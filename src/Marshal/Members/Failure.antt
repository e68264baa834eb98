-- ===== src/Marshal/Members/Failure.antt =====
-- class TypeMarshal of src/lib/marshal.cpp: what its operations return, also where a member fails.
use etwork.Common.{ℕ, ◌+◌, ◌<◌, Bool, true, false, List, [], ◌∷◌, ◌≡◌, refl, arith, ◌==◌, some}
use etwork.Common.Bytes.{sub_size}
use etwork.Block.{Block, seek}
use etwork.Marshal.{ok}
use etwork.Marshal.Interface.{Memory, IMarshaller}
use etwork.Marshal.Members.{
  MemberDesc, TypeMarshal, marshal_members, marshal, demarshal_members, demarshal,
}

-- The members of an object written one after the other, from a block to the one that this leaves: all
-- of them (`true`), or those before a first one that returns 0, and that one (`false`).
pub data Writes (mem : Memory) (at : ℕ) : List MemberDesc → Block → Block → Bool → Type 0 where
  all_written : {b : Block} → Writes mem at [] b b true
  not_written :
      {md : MemberDesc} {mds : List MemberDesc} {m : IMarshaller} {b b' : Block}
      → md.marshaller ≡ some m
      → m.marshal mem (at + md.offset) b ≡ ok (b', 0)
      → Writes mem at (md ∷ mds) b b' false
  writes :
      {md : MemberDesc} {mds : List MemberDesc} {m : IMarshaller} {b b' b'' : Block} {n : ℕ}
      {whole : Bool}
      → md.marshaller ≡ some m
      → m.marshal mem (at + md.offset) b ≡ ok (b', n)
      → 0 < n
      → Writes mem at mds b' b'' whole
      → Writes mem at (md ∷ mds) b b'' whole

-- The same of reading, with the memory that it leaves.
pub data Reads (dst : ℕ) : List MemberDesc → Block → Memory → Block → Memory → Bool → Type 0 where
  all_read : {b : Block} {to : Memory} → Reads dst [] b to b to true
  not_read :
      {md : MemberDesc} {mds : List MemberDesc} {m : IMarshaller} {b b' : Block} {to to' : Memory}
      → md.marshaller ≡ some m
      → m.demarshal b to (dst + md.offset) ≡ ok (b', to', 0)
      → Reads dst (md ∷ mds) b to b' to' false
  reads :
      {md : MemberDesc} {mds : List MemberDesc} {m : IMarshaller} {b b' b'' : Block}
      {to to' to'' : Memory} {n : ℕ} {whole : Bool}
      → md.marshaller ≡ some m
      → m.demarshal b to (dst + md.offset) ≡ ok (b', to', n)
      → 0 < n
      → Reads dst mds b' to' b'' to'' whole
      → Reads dst (md ∷ mds) b to b'' to'' whole

-- What an operation that began at a position makes of that: how far the position moved if all
-- members succeeded; 0, and the position back at the start, if one did not.
abbrev pub ended : ℕ → Bool → Block → Block × ℕ
ended start true b = (b, sub_size b.pos start)
ended start false b = (seek b start, 0)

marshal_members-ended :
    (start : ℕ) (mem : Memory) (at : ℕ) {mds : List MemberDesc} {b b' : Block} {whole : Bool}
    → Writes mem at mds b b' whole
    → marshal_members start mds mem at b ≡ ok (ended start whole b')
unfolding marshal_members
marshal_members-ended start mem at all_written = refl
marshal_members-ended start mem at (not_written p e) = rw (p, e) refl
marshal_members-ended start mem at (writes {n} p e some_bytes more) =
    let went : (n == 0) ≡ false = ground arith in
    rw (p, e, went) (marshal_members-ended start mem at more)

demarshal_members-ended :
    (start dst : ℕ) {mds : List MemberDesc} {b b' : Block} {to to' : Memory} {whole : Bool}
    → Reads dst mds b to b' to' whole
    → demarshal_members start mds b to dst
      ≡ ok ((ended start whole b').0, to', (ended start whole b').1)
unfolding demarshal_members
demarshal_members-ended start dst all_read = refl
demarshal_members-ended start dst (not_read p e) = rw (p, e) refl
demarshal_members-ended start dst (reads {n} p e some_bytes more) =
    let went : (n == 0) ≡ false = ground arith in
    rw (p, e, went) (demarshal_members-ended start dst more)

-- Whatever its members are: where they are written one after the other, TypeMarshal's marshal
-- returns how far the position moved; where one of them returns 0 it stops there, returns 0, and
-- the position is back where the structure began. The same holds of demarshal, and the memory is
-- as the members left it that were read before and the one that failed.
pub type_marshal-Writes :
    (t : TypeMarshal) (mem : Memory) (at : ℕ) (b b' : Block) (written : Bool) (to to' : Memory)
    (dst : ℕ) (c c' : Block) (read : Bool)
    → Writes mem at t.descs.items b b' written
    → Reads dst t.descs.items c to c' to' read
    → (marshal t mem at b ≡ ok (ended b.pos written b'))
      × (demarshal t c to dst ≡ ok ((ended c.pos read c').0, to', (ended c.pos read c').1))
unfolding marshal demarshal
type_marshal-Writes t mem at b b' written to to' dst c c' read ws rs =
    (marshal_members-ended b.pos mem at ws, demarshal_members-ended c.pos dst rs)
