-- ===== src/Marshal/Ops.antt =====
-- class MarshalOp of src/lib/marshal.cpp: the members that the MARSHAL_ macros of src/etwork/marshal.h add
-- to a description. addFloat stands with any marshaller of a float.
use etwork.Common.{ℕ, none, some, List}
use etwork.Common.Int.{ℤ}
use etwork.Marshal.Interface.{IMarshaller}
use etwork.Marshal.Int.{set_range}
use etwork.Marshal.Uint as Uint
use etwork.Marshal.Uint64 as Uint64
use etwork.Marshal.Text.{string_marshaller}
use etwork.Marshal.Leaves.{
  int_object, uint_object, uint64_object, double_object, bool_object, string_object,
}
use etwork.Marshal.PublicVector.{new_vector, push_back}
use etwork.Marshal.Members.{MemberDesc, TypeMarshal}

-- typeid( T ).name() of the types, and the size of std::string: the compiler's.
pub record Platform : Type 0 where
  pub int_name : List ℕ
  pub uint_name : List ℕ
  pub uint64_name : List ℕ
  pub float_name : List ℕ
  pub double_name : List ℕ
  pub bool_name : List ℕ
  pub string_name : List ℕ
  pub sizeof_string : ℕ

-- TypeMarshal( char const * name )
unfoldable pub new_type : List ℕ → TypeMarshal
new_type name = record {
  type_name = name;
  descs = new_vector;
  instance_size = 0;
  max_marshalled_size = 0;
}

unfoldable pub add_member : TypeMarshal → MemberDesc → TypeMarshal
add_member it md = record it { descs = push_back it.descs md }

unfoldable pub add_int : Platform → TypeMarshal → List ℕ → ℕ → ℤ → ℤ → TypeMarshal
add_int p it name offset min max = add_member it (record {
  name = name;
  offset = offset;
  type = p.int_name;
  marshaller = some (int_object (set_range min max));
})

unfoldable pub add_uint : Platform → TypeMarshal → List ℕ → ℕ → ℕ → TypeMarshal
add_uint p it name offset bits = add_member it (record {
  name = name;
  offset = offset;
  type = p.uint_name;
  marshaller = some (uint_object (Uint.set_bits bits));
})

unfoldable pub add_uint64 : Platform → TypeMarshal → List ℕ → ℕ → ℕ → TypeMarshal
add_uint64 p it name offset bits = add_member it (record {
  name = name;
  offset = offset;
  type = p.uint64_name;
  marshaller = some (uint64_object (Uint64.set_bits bits));
})

unfoldable pub add_float : Platform → TypeMarshal → List ℕ → ℕ → IMarshaller → TypeMarshal
add_float p it name offset float_object =
    add_member it
      (record { name = name; offset = offset; type = p.float_name; marshaller = some float_object })

unfoldable pub add_double : Platform → TypeMarshal → List ℕ → ℕ → TypeMarshal
add_double p it name offset =
    add_member it (record {
      name = name;
      offset = offset;
      type = p.double_name;
      marshaller = some double_object;
    })

unfoldable pub add_bool : Platform → TypeMarshal → List ℕ → ℕ → TypeMarshal
add_bool p it name offset =
    add_member it
      (record { name = name; offset = offset; type = p.bool_name; marshaller = some bool_object })

unfoldable pub add_string : Platform → TypeMarshal → List ℕ → ℕ → ℕ → TypeMarshal
add_string p it name offset max_size = add_member it (record {
  name = name;
  offset = offset;
  type = p.string_name;
  marshaller = some (string_object p.sizeof_string (string_marshaller max_size));
})

-- Its marshaller is found later, by resolve.
unfoldable pub add_some_type : TypeMarshal → List ℕ → List ℕ → ℕ → TypeMarshal
add_some_type it type_name name offset =
    add_member it (record { name = name; offset = offset; type = type_name; marshaller = none })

→ Problem requirements:
Among the lines of the data above, find those with the word "antt" and show them.

→ Response to this task:
filename src/Marshal/Members/Failure.antt
-- ===== src/Marshal/Members/Failure.antt =====
-- ===== src/Marshal/Ops.antt =====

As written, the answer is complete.